Write out exactly the lines from the first line of the records below through the line that contains "pub precision : ℤ", and stop there.

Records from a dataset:
BEGIN
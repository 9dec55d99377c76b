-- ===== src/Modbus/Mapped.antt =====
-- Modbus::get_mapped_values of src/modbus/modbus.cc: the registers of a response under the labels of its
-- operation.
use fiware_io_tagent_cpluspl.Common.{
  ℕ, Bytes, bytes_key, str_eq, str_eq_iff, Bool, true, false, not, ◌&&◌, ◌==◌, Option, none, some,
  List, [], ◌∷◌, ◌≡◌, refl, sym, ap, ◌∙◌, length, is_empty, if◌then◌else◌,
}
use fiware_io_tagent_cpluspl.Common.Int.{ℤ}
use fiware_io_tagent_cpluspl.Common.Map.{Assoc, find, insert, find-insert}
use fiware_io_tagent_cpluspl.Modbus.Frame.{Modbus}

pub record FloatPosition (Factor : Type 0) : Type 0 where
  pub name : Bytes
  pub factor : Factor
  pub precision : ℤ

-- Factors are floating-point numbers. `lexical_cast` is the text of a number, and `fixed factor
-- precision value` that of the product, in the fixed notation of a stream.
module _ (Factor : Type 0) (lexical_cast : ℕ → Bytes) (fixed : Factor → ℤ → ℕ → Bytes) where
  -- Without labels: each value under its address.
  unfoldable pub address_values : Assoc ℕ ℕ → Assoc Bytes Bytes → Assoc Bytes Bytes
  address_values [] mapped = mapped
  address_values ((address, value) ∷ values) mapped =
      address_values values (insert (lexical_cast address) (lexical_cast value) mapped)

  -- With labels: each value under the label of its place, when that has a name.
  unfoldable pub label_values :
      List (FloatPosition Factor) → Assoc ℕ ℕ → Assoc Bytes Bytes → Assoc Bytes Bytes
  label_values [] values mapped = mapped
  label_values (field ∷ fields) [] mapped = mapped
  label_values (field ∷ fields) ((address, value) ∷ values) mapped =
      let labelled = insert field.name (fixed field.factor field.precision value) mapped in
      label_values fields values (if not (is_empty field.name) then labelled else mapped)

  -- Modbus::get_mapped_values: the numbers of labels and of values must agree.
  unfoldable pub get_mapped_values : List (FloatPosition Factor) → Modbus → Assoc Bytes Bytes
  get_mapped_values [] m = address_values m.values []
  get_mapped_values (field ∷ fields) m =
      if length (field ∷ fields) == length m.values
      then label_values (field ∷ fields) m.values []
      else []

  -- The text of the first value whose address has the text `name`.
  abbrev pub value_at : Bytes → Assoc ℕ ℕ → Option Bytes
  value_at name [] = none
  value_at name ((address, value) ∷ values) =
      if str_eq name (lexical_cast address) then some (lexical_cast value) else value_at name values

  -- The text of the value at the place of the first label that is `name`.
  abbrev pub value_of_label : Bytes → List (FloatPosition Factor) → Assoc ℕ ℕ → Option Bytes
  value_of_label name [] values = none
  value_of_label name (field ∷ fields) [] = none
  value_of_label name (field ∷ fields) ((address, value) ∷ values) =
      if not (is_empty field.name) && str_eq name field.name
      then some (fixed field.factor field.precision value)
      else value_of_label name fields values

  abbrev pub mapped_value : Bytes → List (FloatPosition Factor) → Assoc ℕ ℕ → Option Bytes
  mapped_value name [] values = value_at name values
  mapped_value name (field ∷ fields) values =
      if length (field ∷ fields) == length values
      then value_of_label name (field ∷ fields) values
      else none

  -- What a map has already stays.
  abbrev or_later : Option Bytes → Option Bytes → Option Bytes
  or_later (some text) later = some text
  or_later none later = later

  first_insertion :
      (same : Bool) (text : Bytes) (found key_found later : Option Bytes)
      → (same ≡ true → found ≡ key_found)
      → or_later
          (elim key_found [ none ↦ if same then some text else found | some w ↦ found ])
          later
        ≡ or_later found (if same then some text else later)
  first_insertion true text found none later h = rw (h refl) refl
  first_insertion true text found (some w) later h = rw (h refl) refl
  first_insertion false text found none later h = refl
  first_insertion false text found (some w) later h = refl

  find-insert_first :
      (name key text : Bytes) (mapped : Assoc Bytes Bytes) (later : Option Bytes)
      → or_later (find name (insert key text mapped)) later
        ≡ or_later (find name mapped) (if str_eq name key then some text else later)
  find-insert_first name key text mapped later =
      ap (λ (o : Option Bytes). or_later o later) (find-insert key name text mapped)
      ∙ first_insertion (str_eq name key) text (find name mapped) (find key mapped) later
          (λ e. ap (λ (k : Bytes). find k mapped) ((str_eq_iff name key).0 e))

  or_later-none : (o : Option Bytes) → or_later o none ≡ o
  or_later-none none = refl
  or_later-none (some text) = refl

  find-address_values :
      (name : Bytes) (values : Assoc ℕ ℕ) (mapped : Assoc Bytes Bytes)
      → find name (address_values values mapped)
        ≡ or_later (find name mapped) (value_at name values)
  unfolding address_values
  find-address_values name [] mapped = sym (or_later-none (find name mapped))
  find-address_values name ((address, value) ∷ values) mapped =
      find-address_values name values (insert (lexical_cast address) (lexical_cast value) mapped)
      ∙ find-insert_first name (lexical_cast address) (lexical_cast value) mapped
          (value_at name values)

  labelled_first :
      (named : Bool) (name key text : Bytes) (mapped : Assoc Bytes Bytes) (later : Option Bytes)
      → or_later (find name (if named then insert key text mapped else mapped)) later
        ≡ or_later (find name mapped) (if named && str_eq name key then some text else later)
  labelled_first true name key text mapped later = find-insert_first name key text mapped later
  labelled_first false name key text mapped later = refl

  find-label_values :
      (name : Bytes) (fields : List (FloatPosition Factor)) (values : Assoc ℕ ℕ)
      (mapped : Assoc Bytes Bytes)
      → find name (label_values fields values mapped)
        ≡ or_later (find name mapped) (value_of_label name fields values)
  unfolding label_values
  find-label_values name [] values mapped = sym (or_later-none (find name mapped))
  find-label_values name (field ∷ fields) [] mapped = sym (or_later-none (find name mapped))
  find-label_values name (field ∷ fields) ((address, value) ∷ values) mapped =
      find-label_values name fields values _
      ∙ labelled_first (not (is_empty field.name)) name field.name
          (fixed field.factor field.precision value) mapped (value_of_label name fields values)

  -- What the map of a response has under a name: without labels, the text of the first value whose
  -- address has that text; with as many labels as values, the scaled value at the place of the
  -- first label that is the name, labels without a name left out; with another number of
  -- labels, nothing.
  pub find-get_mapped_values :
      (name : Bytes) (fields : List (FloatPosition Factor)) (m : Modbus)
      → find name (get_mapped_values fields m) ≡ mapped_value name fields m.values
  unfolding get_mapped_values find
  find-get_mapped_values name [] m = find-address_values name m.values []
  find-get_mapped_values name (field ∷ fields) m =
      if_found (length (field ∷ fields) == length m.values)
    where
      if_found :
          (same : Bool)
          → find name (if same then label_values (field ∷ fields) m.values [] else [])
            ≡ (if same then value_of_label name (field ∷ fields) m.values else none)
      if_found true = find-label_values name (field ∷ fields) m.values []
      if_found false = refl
END
Result below.
repository 9dec55d99377c76b
-- ===== src/Modbus/Mapped.antt =====
-- Modbus::get_mapped_values of src/modbus/modbus.cc: the registers of a response under the labels of its
-- operation.
use fiware_io_tagent_cpluspl.Common.{
  ℕ, Bytes, bytes_key, str_eq, str_eq_iff, Bool, true, false, not, ◌&&◌, ◌==◌, Option, none, some,
  List, [], ◌∷◌, ◌≡◌, refl, sym, ap, ◌∙◌, length, is_empty, if◌then◌else◌,
}
use fiware_io_tagent_cpluspl.Common.Int.{ℤ}
use fiware_io_tagent_cpluspl.Common.Map.{Assoc, find, insert, find-insert}
use fiware_io_tagent_cpluspl.Modbus.Frame.{Modbus}

pub record FloatPosition (Factor : Type 0) : Type 0 where
  pub name : Bytes
  pub factor : Factor
  pub precision : ℤ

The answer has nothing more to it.